There is also very little info on the life-span on cats in the wild (or rather info on how they once used to live before the advent of cars and other modern inventions that present a danger to cats because that is where I think logically one would need to seek info).

So, I don't think we know how long they lived and how healthily cats "in the wild" used to be when they were dependent on catching their own prey etc. If anyone has some good info please send it my way.

2) Now, my number two concern is the lack of more detailed knowledge re their natural prey, which particularly concerns the current trend to not feed whole prey but to feed a cobbled-together approach. That approach effectively reduces prey to some very simple basics - 80ish percent muscle meat (including heart), 8-10% bone, 5% liver and 5% other offal (for most that means kidney).

Now to me that sounds more like pandering to human convenience and availability than it having much to do with recreating the typical prey, say a mouse. Where is the blood, the fur(or feathers), the nutrients from the fermented gut (which may or may not be eaten), the nutrients from all of the other bits of "mouse" (eyes, brain, spleen, thyroid, etc) that aren't so easily had from butchers, supermarkets etc.

Now I know some raw feeders who go to fair lengths to try to recreate a prey as much as they possibly can, but I also know a lot of raw feeders who put a lot of trust into meat that can be had from a butchers/supermarket, which has been well-hung and bled out (to start off with) and who are severely limited by the offal or organ meat they can get. But they are being told that because they follow the basic ratio they are feeding their cat the best diet.

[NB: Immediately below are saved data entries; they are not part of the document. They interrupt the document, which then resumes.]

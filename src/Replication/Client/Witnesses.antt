-- ===== src/Replication/Client/Witnesses.antt =====
-- replication/client.rs: the theorems on lineages and sets, at concrete ones. States, deltas and
-- host errors are numbers; a delta is added to the base.
use runen_net.Replication.Client.Apply.{apply_delta}
use runen_net.Prelude.{ℕ, ◌+◌, ◌≡◌, refl, none, some, List, [], ◌∷◌, arith, nat_eq, Result, ok}
use runen_net.Collections.BTreeMap.{BTreeMap, total}
use runen_net.Collections.BTreeMap
use runen_net.Replication.Model.{
  ReplicationLineageKey, key_eq, AccountedState, ReplicationRetentionLimits, ClientAggregateLimits,
  FullSnapshot, DeltaSnapshot,
}
use runen_net.Replication.Client.Lineage.{
  ClientLineage, RetainedState, CommitPlan, synchronized, plan_commit,
}
use runen_net.Replication.Client.Sets.{ClientReplicationSet, new_set}
use runen_net.Replication.Client.Plan.{IsPlan, plan_commit-IsPlan}
use runen_net.Replication.Client.Survivors.{survivors}
use runen_net.Replication.Client.Validity.{IsValid}
use runen_net.Replication.Client.Aggregate.{IsValidSet}
use runen_net.Replication.Client.Full.{AppliesFull, apply_full-AppliesFull}
use runen_net.Replication.Client.Delta.{AppliesDelta, apply_delta-AppliesDelta}
use runen_net.Replication.Client.History.{
  Call, adds, removes, applies_full, applies_delta, run, run-new_set-IsValidSet,
}

abbrev key : ReplicationLineageKey
key = record { session = 7; participant = 1 }

abbrev retention : ReplicationRetentionLimits
retention = record {
  max_state_image_bytes = 20;
  max_retained_images_per_lineage = 2;
  max_retained_state_bytes_per_lineage = 30;
  max_candidate_bytes_per_lineage = 20;
  max_emission_evidence_per_lineage = 4;
}

abbrev image : ℕ → AccountedState ℕ
image state = record { state = state; accounted_bytes = 10 }

-- Two images are retained, the newer one current.
abbrev synchronized_lineage : ClientLineage ℕ
synchronized_lineage = record {
  key = key;
  limits = retention;
  state = synchronized;
  current = some 3;
  latest_recovery_boundary = none;
  retained =
      (2, record { tick = 7; image = image 41 }) ∷ (3, record { tick = 8; image = image 42 }) ∷ [];
  retained_bytes = 20;
}

synchronized_lineage-IsValid : IsValid synchronized_lineage
unfolding BTreeMap.get
synchronized_lineage-IsValid = record {
  sorted = (omega arith, (omega arith, tt));
  counted = refl;
  within_count = omega arith;
  within_bytes = omega arith;
  typed = (omega arith, omega arith, omega arith);
  images_fit = (omega arith, (omega arith, tt));
  newest = (refl, (omega arith, (omega arith, tt)));
  synced = λ e. refl;
  boundary = tt;
}

abbrev aggregate : ClientAggregateLimits
aggregate = record { max_lineages = 2; max_retained_images = 3; max_retained_state_bytes = 40 }

abbrev one_lineage : ClientReplicationSet ℕ
one_lineage = record { limits = aggregate; lineages = (key, synchronized_lineage) ∷ [] }

one_lineage-IsValidSet : IsValidSet one_lineage
one_lineage-IsValidSet = record {
  valid = (synchronized_lineage-IsValid, tt);
  lineages_fit = omega arith;
  images_fit = omega arith;
  bytes_fit = omega arith;
}

plan_commit-IsPlan_example :
    (plan : CommitPlan) × (plan_commit synchronized_lineage 10 ≡ some (some plan))
    × ((gone : BTreeMap (RetainedState ℕ)) × IsPlan synchronized_lineage 10 plan gone
          (survivors 2 20 synchronized_lineage.retained 2 20))
plan_commit-IsPlan_example =
    plan_commit-IsPlan synchronized_lineage 10 refl (omega arith, omega arith, omega arith) refl

abbrev agrees : ℕ → Result (Unit {0}) ℕ
agrees state = ok tt

abbrev full : FullSnapshot ℕ
full = record { target_cursor = 4; target_tick = 9; image = image 50 }

abbrev delta : DeltaSnapshot ℕ
delta = record { base_cursor = 3; target_cursor = 5; target_tick = 9; delta = 6 }

apply_full-AppliesFull_example : AppliesFull one_lineage key full agrees
apply_full-AppliesFull_example =
    apply_full-AppliesFull one_lineage key full agrees one_lineage-IsValidSet

apply_delta-AppliesDelta_example :
    AppliesDelta one_lineage key delta
      (λ base d limit. ok (image (base + d)))
      agrees
      (apply_delta one_lineage key delta (λ base d limit. ok (image (base + d))) agrees)
apply_delta-AppliesDelta_example =
    apply_delta-AppliesDelta one_lineage key delta (λ base d limit. ok (image (base + d))) agrees
      one_lineage-IsValidSet

abbrev calls : List (Call ℕ ℕ ℕ)
calls =
    adds key retention
    ∷ applies_full key full agrees
    ∷ applies_delta key delta (λ base d limit. ok (image (base + d))) agrees
    ∷ removes key
    ∷ []

run-new_set-IsValidSet_example :
    (set : ClientReplicationSet ℕ) × (run (new_set aggregate) calls ≡ some set) × IsValidSet set
run-new_set-IsValidSet_example =
    run-new_set-IsValidSet aggregate calls
      ((omega arith, omega arith, omega arith), (tt, (tt, (tt, tt))))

However, that is where I personally think the advances in feline nutrition knowledge re the nutrients and their minimum and maximum levels are also essential and somehow the two need to be combined in a sensible way.

Sorry, gone completely off-tangent and am not even sure my ramblings make sense.


----------



## hobbs2004 (Mar 12, 2010)

ibbica said:


> I must disagree with your assertion that they're "no worse than any other predator", as humans supplement their feed and maintain them at an abnormally high population density compared to native predators. But that's a topic for another thread


Not only that but we kill just for fun (other species may do that too but we seem to be doing it on a grander scale) and we kill in abundance and then chuck our abundant spoils on landfill.


----------



## ibbica (Aug 9, 2010)

hobbs2004 said:


> ...
> Sorry, gone completely off-tangent and am not even sure my ramblings make sense.


Hopefully the OP will forgive us 

But yes, very nicely said :thumbsup: (hm... hopefully that's not just because we're already on the same page )

I've done field research (by which I mean "hanging out backcountry trapping and studying wild animals") and I can certainly say that in my own experience, there's no shortage of wild carnivores with bad teeth :scared: (well, alright: no more than the overall 'shortage of wild carnivores', anyway...)

BUT, since I really only have what amounts to "anecdotes" - haven't specifically collected data on that specific subject - I'm not comfortable asserting it as 'fact' that, say, 'wild carnivores have horrible dental hygiene'. Most researchers tend to be like that, at least within their own field: reluctant to stick their necks out *too* far without solid data to back up their claims (too much risk to one's professional reputation otherwise!).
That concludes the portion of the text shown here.